As winter approaches and the water begins to cool, this can be one of the best times of year to catch bass. Shad form tight schools, and head for the backs of coves and creek mouths to over winter, and after them come the bass. It's like Mother Nature flips the feeding switch, and the bass can be caught on a variety of lures. Schoolers take lipless cranks, small shad like cranks, flukes, Pop R or any top water bait. Spinnerbaits worked along felled trees are another top bait in fall. These are the baits that, as a rule, account for many of bass caught during fall.
As each succeeding front drops the water temps, bass will retreat to cover, and bury their nose in it. I suggest a shaky head worm approach at this time, flip each spot at least 7 or 8 times before moving on.
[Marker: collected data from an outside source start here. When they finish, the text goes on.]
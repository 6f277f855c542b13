-- ===== src/Trace/Session/Sync.antt =====
-- src/trace.rs: the providers that a running session has enabled are those that are registered.
use ferrisetw.Base.{
  ℕ, ◌≡◌, refl, sym, ap, subst, ◌∙◌, inl, inr, Bool, true, false, ◌&&◌, none, some, List, [], ◌∷◌,
  ◌==◌, ==_iff, if◌then◌else◌, Bool-cases, arith,
}
use ferrisetw.Native.Evntrace.{
  with_handle, enable_provider, disable_provider, capture_provider_state,
  build_event_filter_descriptors, build_filters, enable_parameters, send,
}
use ferrisetw.Native.Evntrace.Quiet.{capture_provider_state-IsQuiet}
use ferrisetw.Native.Windows.{
  Call, start_trace_w, control_trace_w, open_trace_w, close_trace_w, process_trace,
  enable_trace_ex2, trace_query_information, trace_set_information, ProviderControl,
  EvntraceNativeError, io_error, Result, ok, err, World, M, continue, ◌>>=◌, wrap_error, Windows,
}
use ferrisetw.Provider.Builder.{Provider}
use ferrisetw.Provider.EventFilter.{EventFilterDescriptor, Platform}
use ferrisetw.Trace.Registry.{is_registered, contains, add, remove_one}
use ferrisetw.Trace.Registry.Index.{IsIndexed, add-IsIndexed, remove_all-IsIndexed}
use ferrisetw.Trace.Registry.Rollback.{
  remove_one-add, is_registered-add, is_registered-remove_all, contains-push, contains-remove_all,
}
use ferrisetw.Trace.Session.Start.{capture_one, after_enable, after_disable}

module _ (windows : Windows) where
  abbrev succeeds : List Call → Bool
  succeeds calls = windows.status calls == windows.error_success

  -- Whether the provider `guid` is enabled on the session `h`, by the latest successful call that
  -- enables or disables it. A new session has none.
  abbrev pub enabled : ℕ → ℕ → List Call → Bool
  enabled h guid [] = false
  enabled h guid
        (enable_trace_ex2 k g ProviderControl.enable_provider l any all parameters ∷ calls) =
      if (k == h)
        && ((g == guid)
            && succeeds
                (enable_trace_ex2 k g ProviderControl.enable_provider l any all parameters ∷ calls))
      then true
      else enabled h guid calls
  enabled h guid
        (enable_trace_ex2 k g ProviderControl.disable_provider l any all parameters ∷ calls) =
      if (k == h)
        && ((g == guid)
            && succeeds (
                enable_trace_ex2 k g ProviderControl.disable_provider l any all parameters ∷ calls))
      then false
      else enabled h guid calls
  enabled h guid (enable_trace_ex2 k g ProviderControl.capture_state l any all parameters ∷ calls) =
      enabled h guid calls
  enabled h guid (start_trace_w properties ∷ calls) =
      if succeeds (start_trace_w properties ∷ calls)
        && (windows.control_handle (start_trace_w properties ∷ calls) == h)
      then false
      else enabled h guid calls
  enabled h guid (control_trace_w target properties code ∷ calls) = enabled h guid calls
  enabled h guid (open_trace_w context source ∷ calls) = enabled h guid calls
  enabled h guid (close_trace_w k ∷ calls) = enabled h guid calls
  enabled h guid (process_trace k ∷ calls) = enabled h guid calls
  enabled h guid (trace_query_information k class size ∷ calls) = enabled h guid calls
  enabled h guid (trace_set_information k class buf ∷ calls) = enabled h guid calls

  module _ (platform : Platform) (provider_at : ℕ → Provider) (h : ℕ) where
    abbrev pub guid_at : ℕ → ℕ
    guid_at p = (provider_at p).guid

    -- The providers that the registry dispatches to are exactly those that the session collects.
    unfoldable pub IsInSync : World → Type 0
    IsInSync w = (g : ℕ) → is_registered g w.registry ≡ enabled h g w.calls

    -- What a call for the provider of `guid`, which is then enabled or not as `now`, leaves behind.
    abbrev pub Switched : Bool → ℕ → World → Result EvntraceNativeError (Unit {0}) × World → Type 0
    Switched now guid w (ok done, v) =
        (g : ℕ) → enabled h g v.calls ≡ (if guid == g then now else enabled h g w.calls)
    Switched now guid w (err e, v) = (g : ℕ) → enabled h g v.calls ≡ enabled h g w.calls

    flip_cases :
        (now b : Bool) (guid code : ℕ) (w v : World)
        → ((g : ℕ)
            → enabled h g v.calls
              ≡ (if (h == h) && ((guid == g) && b) then now else enabled h g w.calls))
        → Switched now guid w (if b then (ok tt, v) else (err (io_error code), v))
    flip_cases now true guid code w v e = λ g. e g ∙ ground (arith, ==_iff h h)
    flip_cases now false guid code w v e = λ g. e g ∙ ground (arith, ==_iff h h)

    flip_handle :
        (now z : Bool) (guid : ℕ) (w : World) (f : ℕ → M EvntraceNativeError (Unit {0}))
        → Switched now guid w (f h w)
        → Switched now guid w (with_handle (if z then none else some h) f w)
    flip_handle now true guid w f e = λ g. refl
    flip_handle now false guid w f e = e

    enable_call : Provider → List EventFilterDescriptor → Call
    enable_call p filters =
        enable_trace_ex2 h p.guid ProviderControl.enable_provider p.level p.any p.all
          (some (enable_parameters windows platform p filters))

    flip_filters :
        (p : Provider) (w : World) (r : Result EvntraceNativeError (List EventFilterDescriptor))
        → Switched true p.guid w
            (continue r (λ filters. send windows platform (enable_call p filters)) w)
    unfolding enable_call
    flip_filters p w (ok filters) =
        let calls = enable_call p filters ∷ w.calls in
        flip_cases true (succeeds calls) p.guid (windows.status calls) w
          (record w { calls = calls }) (λ g. refl)
    flip_filters p w (err e) = λ g. refl

    pub enable_provider-Switched :
        (p : Provider) (w : World) → Switched true p.guid w (enable_provider windows platform h p w)
    unfolding enable_provider build_event_filter_descriptors enable_call
    enable_provider-Switched p w =
        flip_handle true (h == 0) p.guid w
          (λ k. build_event_filter_descriptors windows platform p >>= (λ filters.
            send windows platform (
              enable_trace_ex2 k p.guid ProviderControl.enable_provider p.level p.any p.all
                (some (enable_parameters windows platform p filters)))))
          (flip_filters p w (build_filters windows platform [] p.filters))

    pub disable_provider-Switched :
        (guid : ℕ) (w : World) → Switched false guid w (disable_provider windows platform h guid w)
    unfolding disable_provider
    disable_provider-Switched guid w =
        let c = enable_trace_ex2 h guid ProviderControl.disable_provider 0 0 0 none in
        let calls = c ∷ w.calls in
        flip_handle false (h == 0) guid w
          (λ k.
            send windows platform
              (enable_trace_ex2 k guid ProviderControl.disable_provider 0 0 0 none))
          (flip_cases false (succeeds calls) guid (windows.status calls) w
            (record w { calls = calls }) (λ g. refl))

    pub capture_provider_state-enabled :
        (p : Provider) (w : World) (g : ℕ)
        → enabled h g (capture_provider_state windows platform h p w).1.calls ≡ enabled h g w.calls
    unfolding capture_provider_state
    capture_provider_state-enabled p w g =
        let c = enable_trace_ex2 h p.guid ProviderControl.capture_state 0 0 0 none in
        elim (Bool-cases (h == 0)) [
          | inl e ↦ rw e
          | inr e ↦ elim (Bool-cases (succeeds (c ∷ w.calls))) [
            | inl f ↦ rw (e, f)
            | inr f ↦ rw (e, f)
          ]
        ]

    abbrev pub UsesOnly : List ℕ → World → Type 0
    UsesOnly used w = (q : ℕ) → contains q used ≡ false → contains q w.registry.providers ≡ false

    -- The invariant: the registry is indexed, holds addresses among `used`, and is in sync.
    pub record IsConsistent (used : List ℕ) (w : World) : Type 0 where
      pub indexed : IsIndexed guid_at w.registry
      pub allocated : UsesOnly used w
      pub in_sync : IsInSync w

    unchanged-IsConsistent :
        (used : List ℕ) (w v : World)
        → IsConsistent used w
        → v.registry ≡ w.registry
        → ((g : ℕ) → enabled h g v.calls ≡ enabled h g w.calls)
        → IsConsistent used v
    unfolding IsInSync
    unchanged-IsConsistent used w v k e x = record {
      indexed = subst (IsIndexed guid_at) (sym e) k.indexed;
      allocated = λ q f. ap (λ r. contains q r.providers) e ∙ k.allocated q f;
      in_sync = λ g. ap (is_registered g) e ∙ k.in_sync g ∙ sym (x g);
    }

    pub capture_one-IsConsistent :
        (used : List ℕ) (p : ℕ) (w : World)
        → IsConsistent used w
        → IsConsistent used (capture_one windows platform provider_at h p w).1
    unfolding capture_provider_state
    capture_one-IsConsistent used p w k = elim (Bool-cases (provider_at p).capture_state) [
      | inl e ↦ rw e (
          unchanged-IsConsistent used w
            (capture_provider_state windows platform h (provider_at p) w).1 k
            ((capture_provider_state-IsQuiet windows platform h (provider_at p)).same w).1.1.1
            (capture_provider_state-enabled (provider_at p) w))
      | inr e ↦ rw e k
    ]

    larger : (used : List ℕ) (p : ℕ) (w : World) → UsesOnly used w → UsesOnly (p ∷ used) w
    larger used p w a = λ q e. a q (ground arith)

    add-IsConsistent :
        (used : List ℕ) (p : ℕ) (w v : World)
        → IsConsistent used w
        → v.registry ≡ add guid_at p w.registry
        → ((g : ℕ) → enabled h g v.calls ≡ (if guid_at p == g then true else enabled h g w.calls))
        → IsConsistent (p ∷ used) v
    unfolding IsInSync add
    add-IsConsistent used p w v k e x = record {
      indexed = subst (IsIndexed guid_at) (sym e) (add-IsIndexed guid_at p w.registry k.indexed);
      allocated = λ q f.
          ap (λ r. contains q r.providers) e
          ∙ contains-push p q w.registry.providers (k.allocated q (ground arith)) (ground arith);
      in_sync = λ g.
          ap (is_registered g) e
          ∙ is_registered-add guid_at p g w.registry
          ∙ ap (λ b. if guid_at p == g then true else b) (k.in_sync g)
          ∙ sym (x g);
    }

    pub enabled_case :
        (used : List ℕ) (p : ℕ) (w v : World) (r : Result EvntraceNativeError (Unit {0}))
        → IsConsistent used w
        → contains p used ≡ false
        → v.registry ≡ add guid_at p w.registry
        → Switched true (guid_at p) w (r, v)
        → IsConsistent
            (p ∷ used)
            (after_enable windows platform provider_at h p (wrap_error r, v)).1
    enabled_case used p w v (ok done) k fresh e s =
        capture_one-IsConsistent (p ∷ used) p v (add-IsConsistent used p w v k e s)
    enabled_case used p w v (err failure) k fresh e s =
        let back = record v { registry = (remove_one guid_at p v.registry).1 } in
        let same : back.registry ≡ w.registry =
          ap (λ r. (remove_one guid_at p r).1) e
          ∙ remove_one-add guid_at p w.registry k.indexed (k.allocated p fresh) in
        let c = unchanged-IsConsistent used w back k same s in
        record {
          indexed = c.indexed;
          allocated = larger used p back c.allocated;
          in_sync = c.in_sync;
        }

    pub disabled_case :
        (used : List ℕ) (guid : ℕ) (w v : World) (r : Result EvntraceNativeError (Unit {0}))
        → IsConsistent used w
        → is_registered guid w.registry ≡ true
        → v.registry ≡ w.registry
        → Switched false guid w (r, v)
        → IsConsistent used (after_disable windows platform provider_at guid (wrap_error r, v)).1
    unfolding IsInSync
    disabled_case used guid w v (err failure) k old e s = unchanged-IsConsistent used w v k e s
    disabled_case used guid w v (ok done) k old e s = record {
      indexed =
          remove_all-IsIndexed guid_at guid v.registry
            (subst (IsIndexed guid_at) (sym e) k.indexed);
      allocated = λ q f.
          contains-remove_all guid_at guid q v.registry
            (ap (λ r. contains q r.providers) e ∙ k.allocated q f);
      in_sync = λ g.
          is_registered-remove_all guid_at guid g v.registry (ap (is_registered guid) e ∙ old)
          ∙ ap (λ b. if guid == g then false else b) (ap (is_registered g) e ∙ k.in_sync g)
          ∙ sym (s g);
    }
As the temps continue to drop, bass may suspend over humps and points, and a drop shot or jigging spoon may be the best way to get bit. Take your spoon and raise it about 15 inches or so off the bottom, give the rod a snap, allow the bait to fall,, and repeat the process. This method has worked well for us here for spotted and largemouth bass during cold times.
But then, there's those times that defy logic..
A friend and I hit our local flow one late September morning. Weather was misty, we finally found some fish back in a creek mouth chasing shad. My friend threw flukes, small cranks, top water, you name it. Not one taker. I grabbed a weightless Zoom mag finesse and began to wear the fish out! I mean, those fish were ripping the shad apart, yet refused to touch anything shad like. Weird...I wound up with 13 fish, two over five pounds..Loaned Guffy a few worms and he managed three nice keepers before the fish left the scene..lol

The story of the weird day, as related by Guffy..http://www.ncangler.com/forums/threads/43720-Whoopin-Bass-at-HPCL-with-Jerry-Condrey?highlight=HPCL


----------



## laynhardwood (Dec 27, 2009)

Very cool story and proof that it actually happened. I am a worm fisherman and have had similar experiences myself. Last fall I was watching fish just destroy shad on an above ground and could only get bites on a wacky rigged finesses worm but sadly for me none of the fish were 5# or even close.


----------



## Nightcrawler666 (Apr 17, 2014)

Right on. Sometimes "matching the hatch" will just get ya skunked I've found. Crazy how that works.


----------



## kapposgd (Apr 10, 2012)

NC do you find the shad that move into the backs of coves are mostly threadfins? This year i realized ive never fished for bass in the fall - im always on steelhead but ive decided to hit largemouth rhis fall instead. I have yet to see the back of the coves pattern play out with gizzard shad on our lakes.


----------



## NCbassattack (May 5, 2014)

Threadfin are the main forage on our lakes. We have gizzard shad too, but not certain of their habits.
The migration of the threadfin shad is so certain you can set your watch by it..lol


----------